> Your goal: In the listing below, locate the line that contains "HasNoHeaders [] = Unit" and the line that contains "(at_all is g s)". Restate word for word those two lines and every line between them, and nothing else.

> Provided information:
----------

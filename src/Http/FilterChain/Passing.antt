-- ===== src/Http/FilterChain/Passing.antt =====
-- A chain of filters that let everything through: each of them gets what the codec delivers.
use meliproxy.Http.FilterChain.Holding.{idle_not_stopped}
use meliproxy.Http.FilterChain.Transparent.{
  AreTransparent, at_all, called, begun, AreNotStopped, decode_headers-all, decode_data-all,
  decode_trailers-all,
}
use meliproxy.Http.FilterChain.Steps.{idle_calls}
use meliproxy.Http.FilterChain.Order.{AreIdle, AreApart}
use meliproxy.Http.FilterChain.Spares.{is_in}
use meliproxy.Http.FilterChain.{
  ActiveFilter, ActiveStream, Call, Filter, body, decode_data, decode_data_after, decode_headers,
  decode_trailers, decode_trailers_after, headers, is_some, loops, provided, trailers,
}
use mathlib.Core.List.{reverse_aux}
use meliproxy.Shared.{
  ◌≡◌, ◌∙◌, sym, refl, ◌∷◌, true, ℕ, if_cases, ap, [], ◌&&◌, List, subst, none, Bool, false, arith,
  reverse,
}

pub delivers : (ℕ → Filter) → List ℕ → Call → ActiveStream → ActiveStream
delivers fs is (headers e) s = decode_headers fs is e s
delivers fs is (body bytes e) s = decode_data fs is bytes e s
delivers fs is trailers s = decode_trailers fs is s

pub delivers_all : (ℕ → Filter) → List ℕ → List Call → ActiveStream → ActiveStream
unfolding delivers
delivers_all fs is [] s = s
delivers_all fs is (c ∷ cs) s = delivers_all fs is cs (delivers fs is c s)

-- No headers come after the first.
abbrev pub HasNoHeaders : List Call → Type 0
HasNoHeaders [] = Unit
HasNoHeaders (headers e ∷ cs) = ⊥
HasNoHeaders (body bytes e ∷ cs) = HasNoHeaders cs
HasNoHeaders (trailers ∷ cs) = HasNoHeaders cs

-- The calls of a filter `m`, and what the filters have not done.
record IsPassing (is : List ℕ) (m : ℕ) (calls : List Call) (s : ActiveStream) : Type 0 where
  pub had : (s.active m).calls ≡ calls
  pub not_stopped : AreNotStopped is s
  pub is_open : s.local_complete ≡ false

at_all-IsPassing :
    (is : List ℕ) (m : ℕ) (cs : List Call) (g : ActiveFilter → ActiveFilter) (c : Call)
    (s : ActiveStream)
    → is_in m is ≡ true
    → ((f : ActiveFilter) → (g f).calls ≡ c ∷ f.calls)
    → ((f : ActiveFilter) → (g f).stopped ≡ f.stopped)
    → IsPassing is m cs s
    → IsPassing is m (c ∷ cs) (at_all is g s)
at_all-IsPassing is m cs g c s k p q a = record {
  had =
      if_cases (λ (f : ActiveFilter). f.calls ≡ c ∷ cs) (is_in m is) _ _
        (λ l. p (s.active m) ∙ ap (λ x. c ∷ x) a.had) (λ l. absurd (ground arith));
  not_stopped = λ j l.
      if_cases (λ (f : ActiveFilter). f.stopped ≡ false) (is_in j is) _ _
        (λ x. q (s.active j) ∙ a.not_stopped j l) (λ x. a.not_stopped j l);
  is_open = a.is_open;
}

and_true : (b : Bool) → (b && true) ≡ b
and_true true = refl
and_true false = refl

and_false : (b : Bool) → ((b && false) && true) ≡ false
and_false true = refl
and_false false = refl

decode_headers-IsPassing :
    (fs : ℕ → Filter) (is : List ℕ) (m : ℕ) (cs : List Call) (e : Bool) (s : ActiveStream)
    → AreApart is
    → AreTransparent fs is
    → is_in m is ≡ true
    → s.buffered_request_data ≡ none
    → IsPassing is m cs s
    → IsPassing is m (headers e ∷ cs) (decode_headers fs is e s)
unfolding decode_headers
decode_headers-IsPassing fs is m cs e s d t k b a =
    let s₁ : ActiveStream = record s { remote_complete = e } in
    let g : ActiveFilter → ActiveFilter = begun (e && true) in
    let same : ((loops fs is).decode_headers e false s₁).0 ≡ at_all is g s₁ =
      ap (λ (u : ActiveStream × Bool). u.0)
        (decode_headers-all fs is e false s₁ d t
          (ap (λ o. (e && is_some o) && true) b ∙ and_false e)) in
    subst (IsPassing is m (headers e ∷ cs)) (sym same) (
      at_all-IsPassing is m cs g (headers e) s₁ k (λ f. ap (λ x. headers x ∷ f.calls) (and_true e))
        (λ f. refl) record { had = a.had; not_stopped = a.not_stopped; is_open = a.is_open })

delivers-IsPassing :
    (fs : ℕ → Filter) (is : List ℕ) (m : ℕ) (cs : List Call) (c : Call) (s : ActiveStream)
    → AreApart is
    → AreTransparent fs is
    → is_in m is ≡ true
    → HasNoHeaders (c ∷ [])
    → IsPassing is m cs s
    → IsPassing is m (c ∷ cs) (delivers fs is c s)
unfolding delivers decode_data decode_trailers decode_data_after decode_trailers_after
delivers-IsPassing fs is m cs (headers e) s d t k h a = absurd h
delivers-IsPassing fs is m cs (body bytes e) s d t k h a =
    let s₁ : ActiveStream = record s { remote_complete = e } in
    if_cases (IsPassing is m (body bytes e ∷ cs)) s.local_complete s₁
      ((loops fs is).decode_data (provided bytes) e s₁) (λ l. absurd (apart l a.is_open))
      (λ l.
        subst (IsPassing is m (body bytes e ∷ cs))
          (sym (decode_data-all fs is bytes e s₁ d t a.not_stopped))
          (at_all-IsPassing is m cs (called (body bytes e)) (body bytes e) s₁ k (λ f. refl)
            (λ f. refl) record { had = a.had; not_stopped = a.not_stopped; is_open = a.is_open }))
  where
    apart : {b : Bool} → b ≡ true → b ≡ false → ⊥
    apart p q = ground arith
delivers-IsPassing fs is m cs trailers s d t k h a =
    let s₁ : ActiveStream = record s { request_trailers = true; remote_complete = true } in
    if_cases (IsPassing is m (trailers ∷ cs)) s.local_complete s₁ ((loops fs is).decode_trailers s₁)
      (λ l. absurd (apart l a.is_open))
      (λ l.
        subst (IsPassing is m (trailers ∷ cs))
          (sym (decode_trailers-all fs is s₁ d t a.not_stopped))
          (at_all-IsPassing is m cs (called trailers) trailers s₁ k (λ f. refl) (λ f. refl)
            record { had = a.had; not_stopped = a.not_stopped; is_open = a.is_open }))
  where
    apart : {b : Bool} → b ≡ true → b ≡ false → ⊥
    apart p q = ground arith

delivers_all-IsPassing :
    (fs : ℕ → Filter) (is : List ℕ) (m : ℕ) (before cs : List Call) (s : ActiveStream)
    → AreApart is
    → AreTransparent fs is
    → is_in m is ≡ true
    → HasNoHeaders cs
    → IsPassing is m before s
    → IsPassing is m (reverse_aux cs before) (delivers_all fs is cs s)
unfolding delivers_all
delivers_all-IsPassing fs is m before [] s d t k h a = a
delivers_all-IsPassing fs is m before (headers e ∷ cs) s d t k h a = absurd h
delivers_all-IsPassing fs is m before (body bytes e ∷ cs) s d t k h a =
    delivers_all-IsPassing fs is m (body bytes e ∷ before) cs (delivers fs is (body bytes e) s) d t
      k h (delivers-IsPassing fs is m before (body bytes e) s d t k tt a)
delivers_all-IsPassing fs is m before (trailers ∷ cs) s d t k h a =
    delivers_all-IsPassing fs is m (trailers ∷ before) cs (delivers fs is trailers s) d t k h
      (delivers-IsPassing fs is m before trailers s d t k tt a)

-- With filters that let everything through, all of them distinct and with no call before, an open stream without
-- buffered data, and headers followed by any data and trailers: each filter has had, in this order, just the calls
-- that the codec makes.
pub delivers_all-calls :
    (fs : ℕ → Filter) (is : List ℕ) (m : ℕ) (e : Bool) (cs : List Call) (s : ActiveStream)
    → AreApart is
    → AreTransparent fs is
    → AreIdle is s
    → is_in m is ≡ true
    → HasNoHeaders cs
    → s.buffered_request_data ≡ none
    → s.local_complete ≡ false
    → ((delivers_all fs is (headers e ∷ cs) s).active m).calls ≡ reverse (headers e ∷ cs)
unfolding delivers_all delivers
delivers_all-calls fs is m e cs s d t a k h b l =
    (delivers_all-IsPassing fs is m (headers e ∷ []) cs (decode_headers fs is e s) d t k h (
      decode_headers-IsPassing fs is m [] e s d t k b record {
        had = idle_calls is s m a k;
        not_stopped = idle_not_stopped is s a;
        is_open = l;
      })).had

----------

> Exercise response:
HasNoHeaders [] = Unit
HasNoHeaders (headers e ∷ cs) = ⊥
HasNoHeaders (body bytes e ∷ cs) = HasNoHeaders cs
HasNoHeaders (trailers ∷ cs) = HasNoHeaders cs

-- The calls of a filter `m`, and what the filters have not done.
record IsPassing (is : List ℕ) (m : ℕ) (calls : List Call) (s : ActiveStream) : Type 0 where
  pub had : (s.active m).calls ≡ calls
  pub not_stopped : AreNotStopped is s
  pub is_open : s.local_complete ≡ false

at_all-IsPassing :
    (is : List ℕ) (m : ℕ) (cs : List Call) (g : ActiveFilter → ActiveFilter) (c : Call)
    (s : ActiveStream)
    → is_in m is ≡ true
    → ((f : ActiveFilter) → (g f).calls ≡ c ∷ f.calls)
    → ((f : ActiveFilter) → (g f).stopped ≡ f.stopped)
    → IsPassing is m cs s
    → IsPassing is m (c ∷ cs) (at_all is g s)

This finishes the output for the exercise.